从空间袋里取出几块干粮丢下,便牵着小黑驴离去。

行至一家客栈,韩枫要了间提供热水洗澡的上房。

虽说要浪迹江湖,红尘历练,可也没必要非得住屋檐睡桥洞,身上揣着那么多钱不花,何苦来哉。

“掌柜的,给我这头毛驴开一间柴房,给它多铺一些稻草,它喜欢躺着睡。”韩枫多拿出一锭银子。

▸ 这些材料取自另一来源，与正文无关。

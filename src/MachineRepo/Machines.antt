-- ===== src/MachineRepo/Machines.antt =====
-- internal/infrastructure/postgres/machine_repo.go: the table of machines.
use talos_app.Prelude.{
  ℕ, Bool, true, false, Option, none, some, List, [], ◌∷◌, ◌++◌, ◌&&◌, ◌==◌, if◌then◌else◌,
}
use talos_app.Shared.{Uuid, Time, Page, touch, driver, sentinel, not_found, matches_id}
use talos_app.Exec.{Exec, ok, err, pure, wrapped, ◌>>=◌, ◌>>◌}
use talos_app.Domain.Machine.{
  Machine, Role, control_plane, worker, Phase, discovered, provisioning, installing, ready,
  upgrading, draining, cordoned, unhealthy, deleting, deleted, Bmc, BmcProtocol, no_bmc,
}
use talos_app.Platform.{Platform, World, call, clock, new_id}
use talos_app.Platform.Rows.{update_rows, affects, delete_rows, newest_where, paged}
use talos_app.MachineRepo.{machine_has_id}

-- `machine.Filter`; an empty role or phase is none.
pub record Filter : Type 0 where
  pub cluster_id : Option Uuid
  pub site_id : Option Uuid
  pub provider_id : Option Uuid
  pub role : Option Role
  pub phase : Option Phase

abbrev pub of_cluster : Uuid → Filter
of_cluster id = record {
  cluster_id = some id;
  site_id = none;
  provider_id = none;
  role = none;
  phase = none;
}

abbrev role_eq : Role → Role → Bool
role_eq control_plane control_plane = true
role_eq worker worker = true
role_eq _ _ = false

abbrev phase_tag : Phase → ℕ
phase_tag discovered = 0
phase_tag provisioning = 1
phase_tag installing = 2
phase_tag ready = 3
phase_tag upgrading = 4
phase_tag draining = 5
phase_tag cordoned = 6
phase_tag unhealthy = 7
phase_tag deleting = 8
phase_tag deleted = 9

abbrev matches_role : Option Role → Role → Bool
matches_role none r = true
matches_role (some wanted) r = role_eq r wanted

abbrev matches_phase : Option Phase → Phase → Bool
matches_phase none p = true
matches_phase (some wanted) p = phase_tag p == phase_tag wanted

-- `cluster_id = $1`, which a machine without a cluster never satisfies.
abbrev in_cluster : Option Uuid → Option Uuid → Bool
in_cluster none given = true
in_cluster (some wanted) none = false
in_cluster (some wanted) (some id) = id == wanted

unfoldable pub satisfies : Filter → Machine → Bool
satisfies f m =
    in_cluster f.cluster_id m.cluster_id
    && matches_id f.site_id m.site_id
    && matches_id f.provider_id m.provider_id
    && matches_role f.role m.role
    && matches_phase f.phase m.phase

-- `ORDER BY created_at DESC`
abbrev pub machine_age : Machine → Time
machine_age m = m.timestamps.created_at

abbrev speaks : BmcProtocol → Bool
speaks no_bmc = false
speaks _ = true

-- A BMC without a protocol is written as NONE, and read back as no BMC.
unfoldable pub stored_bmc : Option Bmc → Option Bmc
stored_bmc none = none
stored_bmc (some b) = if speaks b.protocol then some b else none

-- All the columns but the key and the time of creation.
unfoldable pub set_machine : Machine → Machine → Machine
unfolding stored_bmc
set_machine m row = record m {
  id = row.id;
  bmc = stored_bmc m.bmc;
  timestamps = record {
    created_at = row.timestamps.created_at;
    updated_at = m.timestamps.updated_at;
  };
}

module _ {X : Type 0} (w : World) where
  unfoldable pub create_machine : Machine → Exec (Platform X) Machine
  unfolding stored_bmc
  create_machine given = do
    now ← clock w
    id ← (λ s. if given.id == 0 then new_id w s else (ok given.id, s))
    let m = record given { id = id; timestamps = touch now given.timestamps }
    wrapped "inserting machine" (
        call w (λ s.
          if affects (machine_has_id m.id) s.db.machines
          then (err (driver "duplicate key"), s)
          else (
            ok tt,
            record s {
              db = record s.db {
                machines = s.db.machines ++ record m { bmc = stored_bmc m.bmc } ∷ [];
              };
            },
          )))
    pure m

  unfoldable pub list_machines : Filter → Page → Exec (Platform X) (List Machine)
  list_machines f page =
      wrapped "listing machines"
        (call w (λ s. (ok (paged page (newest_where (satisfies f) machine_age s.db.machines)), s)))

  unfoldable pub update_machine : Machine → Exec (Platform X) (Unit {0})
  update_machine given = do
    now ← clock w
    let m = record given { timestamps = touch now given.timestamps }
    wrapped "updating machine" (call w (λ s. (ok tt, s)))
    λ s.
        if affects (machine_has_id m.id) s.db.machines
        then (
          ok tt,
          record s {
            db = record s.db {
              machines = update_rows (machine_has_id m.id) (set_machine m) s.db.machines;
            };
          },
        )
        else (err (sentinel not_found), s)

  unfoldable pub delete_machine : Uuid → Exec (Platform X) (Unit {0})
  delete_machine id = do
    wrapped "deleting machine" (call w (λ s. (ok tt, s)))
    λ s.
        if affects (machine_has_id id) s.db.machines
        then (
          ok tt,
          record s {
            db = record s.db { machines = delete_rows (machine_has_id id) s.db.machines };
          },
        )
        else (err (sentinel not_found), s)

掌柜的开店多年,什么样奇怪的要求都见过,倒也没说什么,立刻让小儿去准备柴房了。

韩枫来到楼上,店家准备好热水,他泡在热水里,发出舒服的呻吟。

虽然说除尘术能除掉身上的灰尘,不用洗衣服和洗澡,可哪有泡热水澡舒服。

泡完澡,换上衣服睡觉,快要睡着的时候,韩枫被吵醒了。

来到窗外,外面街道上一群人正在打架,其中两人正是白天卖艺的那对父女。

他们身手不错,三两下把七八个大汉放倒,随后迅速沿着街道跑远。

两人速度很快,看着像是有轻功在身。

过了一会,白衣公子哥骑马过来,身后跟着不少人,都骑着马。

“少爷,他们跑了。”一个大汉爬起来,捂着脸说道,他刚才被少女踢了一脚,嘴都歪了。

“没用的废物!”公子哥照脸甩了一巴掌,“给我追,抓不到人,你们谁也别想活!”

几个人骑马追了过去。

公子哥又说道:“快点传令过去,封上城门,决不能让他们跑了。”

……

父女二人沿街狂奔片刻,速度逐渐慢下来。

少女体力明显下降,呼吸粗重。

大叔见状停了下来,拉着她钻进一个胡同。

“爹爹,怎么办?”

“不能这样走,咱们得把你阿姊救走。”大叔沉吟道,“先找个地方躲起来,在想办法。”

两人出了胡同,正要离去,忽然传来一阵马蹄声,前后几乎同时出现骑马的人,都拿着长刀或者弓箭。

路被堵死了。

弓箭手张弓搭箭,瞄准了二人。

公子哥骑马飞奔而至,猛拉缰绳,**骏马嘶鸣一声立在街道中央。

“你们不是会轻功吗,飞走啊?”公子哥冷笑道。

大叔和少女并未轻举妄动。

对方有弓箭手,如果施展轻功,在空中无法借力不能躲闪,那可就变成活靶子了。

“阿英,等会找机会自己走,别管阿爹。”大叔低声说道。

“爹爹,我不走!”少女带着哭腔,隐隐有些恐惧。

跟着爹爹行走江湖这么久,她这是第一次遇到如此凶险的情况。

“听话,不然咱们都得搁这儿!”大叔低喝道,语气焦急。

正在此时,不远处传来滴滴答答的驴蹄声。

众人寻声看去,只见街道尽头,一人头戴斗笠,骑着毛驴,由远及近慢慢走来。

毛驴在三丈外停下。

“大叔,需要帮忙吗?”韩枫抬起头,斗笠下露出一张笑脸。